◆ **DATA EXTRACTS**:
──────

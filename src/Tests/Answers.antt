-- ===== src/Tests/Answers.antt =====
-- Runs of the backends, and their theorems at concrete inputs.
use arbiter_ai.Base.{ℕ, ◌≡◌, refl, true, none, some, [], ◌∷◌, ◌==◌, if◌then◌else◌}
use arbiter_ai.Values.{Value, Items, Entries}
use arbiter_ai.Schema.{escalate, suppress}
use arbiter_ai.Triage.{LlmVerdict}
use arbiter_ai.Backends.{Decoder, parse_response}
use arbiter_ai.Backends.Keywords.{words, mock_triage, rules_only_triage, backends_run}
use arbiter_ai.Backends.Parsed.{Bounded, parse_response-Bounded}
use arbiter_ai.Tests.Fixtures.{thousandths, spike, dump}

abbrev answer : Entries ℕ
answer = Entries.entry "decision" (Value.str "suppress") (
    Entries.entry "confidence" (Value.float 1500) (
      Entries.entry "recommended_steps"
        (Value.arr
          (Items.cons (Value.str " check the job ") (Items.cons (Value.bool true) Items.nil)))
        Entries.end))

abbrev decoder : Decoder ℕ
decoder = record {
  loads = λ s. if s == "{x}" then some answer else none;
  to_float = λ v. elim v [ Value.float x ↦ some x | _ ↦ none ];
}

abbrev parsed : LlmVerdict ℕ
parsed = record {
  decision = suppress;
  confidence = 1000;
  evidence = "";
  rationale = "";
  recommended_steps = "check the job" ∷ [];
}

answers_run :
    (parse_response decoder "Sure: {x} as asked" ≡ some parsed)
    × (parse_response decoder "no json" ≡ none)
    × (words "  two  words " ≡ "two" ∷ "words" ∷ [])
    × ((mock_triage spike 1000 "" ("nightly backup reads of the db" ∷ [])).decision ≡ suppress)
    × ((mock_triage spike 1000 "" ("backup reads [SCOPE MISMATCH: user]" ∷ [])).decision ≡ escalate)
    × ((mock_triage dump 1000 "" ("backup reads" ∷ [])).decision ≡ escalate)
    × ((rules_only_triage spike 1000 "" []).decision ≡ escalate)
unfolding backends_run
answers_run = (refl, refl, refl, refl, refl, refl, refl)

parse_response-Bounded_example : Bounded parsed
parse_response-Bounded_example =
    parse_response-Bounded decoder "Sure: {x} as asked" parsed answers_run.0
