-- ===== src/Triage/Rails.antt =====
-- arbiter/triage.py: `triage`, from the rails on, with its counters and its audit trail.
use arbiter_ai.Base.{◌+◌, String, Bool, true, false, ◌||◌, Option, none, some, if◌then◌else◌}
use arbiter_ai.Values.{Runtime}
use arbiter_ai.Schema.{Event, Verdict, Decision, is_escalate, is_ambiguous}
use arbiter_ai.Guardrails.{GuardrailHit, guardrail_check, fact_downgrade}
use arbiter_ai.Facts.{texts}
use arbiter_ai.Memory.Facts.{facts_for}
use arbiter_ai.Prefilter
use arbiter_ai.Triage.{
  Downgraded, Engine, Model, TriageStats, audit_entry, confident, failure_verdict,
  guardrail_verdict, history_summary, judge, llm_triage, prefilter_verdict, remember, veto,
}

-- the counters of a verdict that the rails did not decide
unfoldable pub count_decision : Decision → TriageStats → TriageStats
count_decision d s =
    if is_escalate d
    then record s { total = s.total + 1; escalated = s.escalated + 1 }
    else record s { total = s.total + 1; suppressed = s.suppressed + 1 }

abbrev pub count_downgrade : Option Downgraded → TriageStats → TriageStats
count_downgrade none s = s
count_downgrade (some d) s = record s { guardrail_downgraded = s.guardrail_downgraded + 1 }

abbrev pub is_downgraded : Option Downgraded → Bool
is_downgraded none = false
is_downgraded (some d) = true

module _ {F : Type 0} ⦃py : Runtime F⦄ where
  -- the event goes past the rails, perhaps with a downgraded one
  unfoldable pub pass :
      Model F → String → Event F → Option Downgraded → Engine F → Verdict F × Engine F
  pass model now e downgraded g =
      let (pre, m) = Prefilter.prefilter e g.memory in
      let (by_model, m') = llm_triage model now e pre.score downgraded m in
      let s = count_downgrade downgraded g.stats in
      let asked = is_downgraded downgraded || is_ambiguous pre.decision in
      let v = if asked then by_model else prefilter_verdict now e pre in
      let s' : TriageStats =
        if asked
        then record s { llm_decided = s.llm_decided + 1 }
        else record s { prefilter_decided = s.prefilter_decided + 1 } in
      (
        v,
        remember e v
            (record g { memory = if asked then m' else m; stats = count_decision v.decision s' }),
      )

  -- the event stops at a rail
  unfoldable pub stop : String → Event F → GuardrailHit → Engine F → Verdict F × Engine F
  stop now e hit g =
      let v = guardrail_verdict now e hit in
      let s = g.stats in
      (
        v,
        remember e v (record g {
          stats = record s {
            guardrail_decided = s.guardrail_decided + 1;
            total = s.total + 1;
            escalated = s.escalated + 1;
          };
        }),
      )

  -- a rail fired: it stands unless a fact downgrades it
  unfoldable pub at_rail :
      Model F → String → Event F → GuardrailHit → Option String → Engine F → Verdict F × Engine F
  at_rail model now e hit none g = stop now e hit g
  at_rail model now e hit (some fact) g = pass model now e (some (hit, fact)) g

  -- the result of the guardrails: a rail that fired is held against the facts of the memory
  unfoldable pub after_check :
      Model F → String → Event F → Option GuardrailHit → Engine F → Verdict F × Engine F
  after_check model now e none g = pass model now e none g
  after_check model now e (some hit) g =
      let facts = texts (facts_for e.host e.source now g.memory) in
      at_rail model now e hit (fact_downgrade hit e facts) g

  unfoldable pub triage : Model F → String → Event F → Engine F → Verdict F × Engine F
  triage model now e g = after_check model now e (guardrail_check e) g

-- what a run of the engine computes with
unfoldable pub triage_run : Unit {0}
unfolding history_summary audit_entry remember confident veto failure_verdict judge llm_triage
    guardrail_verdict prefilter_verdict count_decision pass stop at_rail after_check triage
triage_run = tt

──────

◆ **WORK REQUIRED**: The entire listing has to be written out again exactly.

◆ **RESULT**:
filename src/Tests/Answers.antt
-- ===== src/Tests/Answers.antt =====
-- Runs of the backends, and their theorems at concrete inputs.
use arbiter_ai.Base.{ℕ, ◌≡◌, refl, true, none, some, [], ◌∷◌, ◌==◌, if◌then◌else◌}
use arbiter_ai.Values.{Value, Items, Entries}
use arbiter_ai.Schema.{escalate, suppress}
use arbiter_ai.Triage.{LlmVerdict}
use arbiter_ai.Backends.{Decoder, parse_response}
use arbiter_ai.Backends.Keywords.{words, mock_triage, rules_only_triage, backends_run}
use arbiter_ai.Backends.Parsed.{Bounded, parse_response-Bounded}
use arbiter_ai.Tests.Fixtures.{thousandths, spike, dump}

abbrev answer : Entries ℕ
answer = Entries.entry "decision" (Value.str "suppress") (
    Entries.entry "confidence" (Value.float 1500) (
      Entries.entry "recommended_steps"
        (Value.arr
          (Items.cons (Value.str " check the job ") (Items.cons (Value.bool true) Items.nil)))
        Entries.end))

abbrev decoder : Decoder ℕ
decoder = record {
  loads = λ s. if s == "{x}" then some answer else none;
  to_float = λ v. elim v [ Value.float x ↦ some x | _ ↦ none ];
}

abbrev parsed : LlmVerdict ℕ
parsed = record {
  decision = suppress;
  confidence = 1000;
  evidence = "";
  rationale = "";
  recommended_steps = "check the job" ∷ [];
}

answers_run :
    (parse_response decoder "Sure: {x} as asked" ≡ some parsed)
    × (parse_response decoder "no json" ≡ none)
    × (words "  two  words " ≡ "two" ∷ "words" ∷ [])
    × ((mock_triage spike 1000 "" ("nightly backup reads of the db" ∷ [])).decision ≡ suppress)
    × ((mock_triage spike 1000 "" ("backup reads [SCOPE MISMATCH: user]" ∷ [])).decision ≡ escalate)
    × ((mock_triage dump 1000 "" ("backup reads" ∷ [])).decision ≡ escalate)
    × ((rules_only_triage spike 1000 "" []).decision ≡ escalate)
unfolding backends_run
answers_run = (refl, refl, refl, refl, refl, refl, refl)

parse_response-Bounded_example : Bounded parsed
parse_response-Bounded_example =
    parse_response-Bounded decoder "Sure: {x} as asked" parsed answers_run.0
-- ===== src/Triage/Rails.antt =====
-- arbiter/triage.py: `triage`, from the rails on, with its counters and its audit trail.
use arbiter_ai.Base.{◌+◌, String, Bool, true, false, ◌||◌, Option, none, some, if◌then◌else◌}
use arbiter_ai.Values.{Runtime}
use arbiter_ai.Schema.{Event, Verdict, Decision, is_escalate, is_ambiguous}
use arbiter_ai.Guardrails.{GuardrailHit, guardrail_check, fact_downgrade}
use arbiter_ai.Facts.{texts}
use arbiter_ai.Memory.Facts.{facts_for}
use arbiter_ai.Prefilter
use arbiter_ai.Triage.{
  Downgraded, Engine, Model, TriageStats, audit_entry, confident, failure_verdict,
  guardrail_verdict, history_summary, judge, llm_triage, prefilter_verdict, remember, veto,
}

-- the counters of a verdict that the rails did not decide
unfoldable pub count_decision : Decision → TriageStats → TriageStats
count_decision d s =
    if is_escalate d
    then record s { total = s.total + 1; escalated = s.escalated + 1 }
    else record s { total = s.total + 1; suppressed = s.suppressed + 1 }

abbrev pub count_downgrade : Option Downgraded → TriageStats → TriageStats
count_downgrade none s = s
count_downgrade (some d) s = record s { guardrail_downgraded = s.guardrail_downgraded + 1 }

abbrev pub is_downgraded : Option Downgraded → Bool
is_downgraded none = false
is_downgraded (some d) = true

module _ {F : Type 0} ⦃py : Runtime F⦄ where
  -- the event goes past the rails, perhaps with a downgraded one
  unfoldable pub pass :
      Model F → String → Event F → Option Downgraded → Engine F → Verdict F × Engine F
  pass model now e downgraded g =
      let (pre, m) = Prefilter.prefilter e g.memory in
      let (by_model, m') = llm_triage model now e pre.score downgraded m in
      let s = count_downgrade downgraded g.stats in
      let asked = is_downgraded downgraded || is_ambiguous pre.decision in
      let v = if asked then by_model else prefilter_verdict now e pre in
      let s' : TriageStats =
        if asked
        then record s { llm_decided = s.llm_decided + 1 }
        else record s { prefilter_decided = s.prefilter_decided + 1 } in
      (
        v,
        remember e v
            (record g { memory = if asked then m' else m; stats = count_decision v.decision s' }),
      )

  -- the event stops at a rail
  unfoldable pub stop : String → Event F → GuardrailHit → Engine F → Verdict F × Engine F
  stop now e hit g =
      let v = guardrail_verdict now e hit in
      let s = g.stats in
      (
        v,
        remember e v (record g {
          stats = record s {
            guardrail_decided = s.guardrail_decided + 1;
            total = s.total + 1;
            escalated = s.escalated + 1;
          };
        }),
      )

  -- a rail fired: it stands unless a fact downgrades it
  unfoldable pub at_rail :
      Model F → String → Event F → GuardrailHit → Option String → Engine F → Verdict F × Engine F
  at_rail model now e hit none g = stop now e hit g
  at_rail model now e hit (some fact) g = pass model now e (some (hit, fact)) g

  -- the result of the guardrails: a rail that fired is held against the facts of the memory
  unfoldable pub after_check :
      Model F → String → Event F → Option GuardrailHit → Engine F → Verdict F × Engine F
  after_check model now e none g = pass model now e none g
  after_check model now e (some hit) g =
      let facts = texts (facts_for e.host e.source now g.memory) in
      at_rail model now e hit (fact_downgrade hit e facts) g

  unfoldable pub triage : Model F → String → Event F → Engine F → Verdict F × Engine F
  triage model now e g = after_check model now e (guardrail_check e) g

-- what a run of the engine computes with
unfoldable pub triage_run : Unit {0}
unfolding history_summary audit_entry remember confident veto failure_verdict judge llm_triage
    guardrail_verdict prefilter_verdict count_decision pass stop at_rail after_check triage
triage_run = tt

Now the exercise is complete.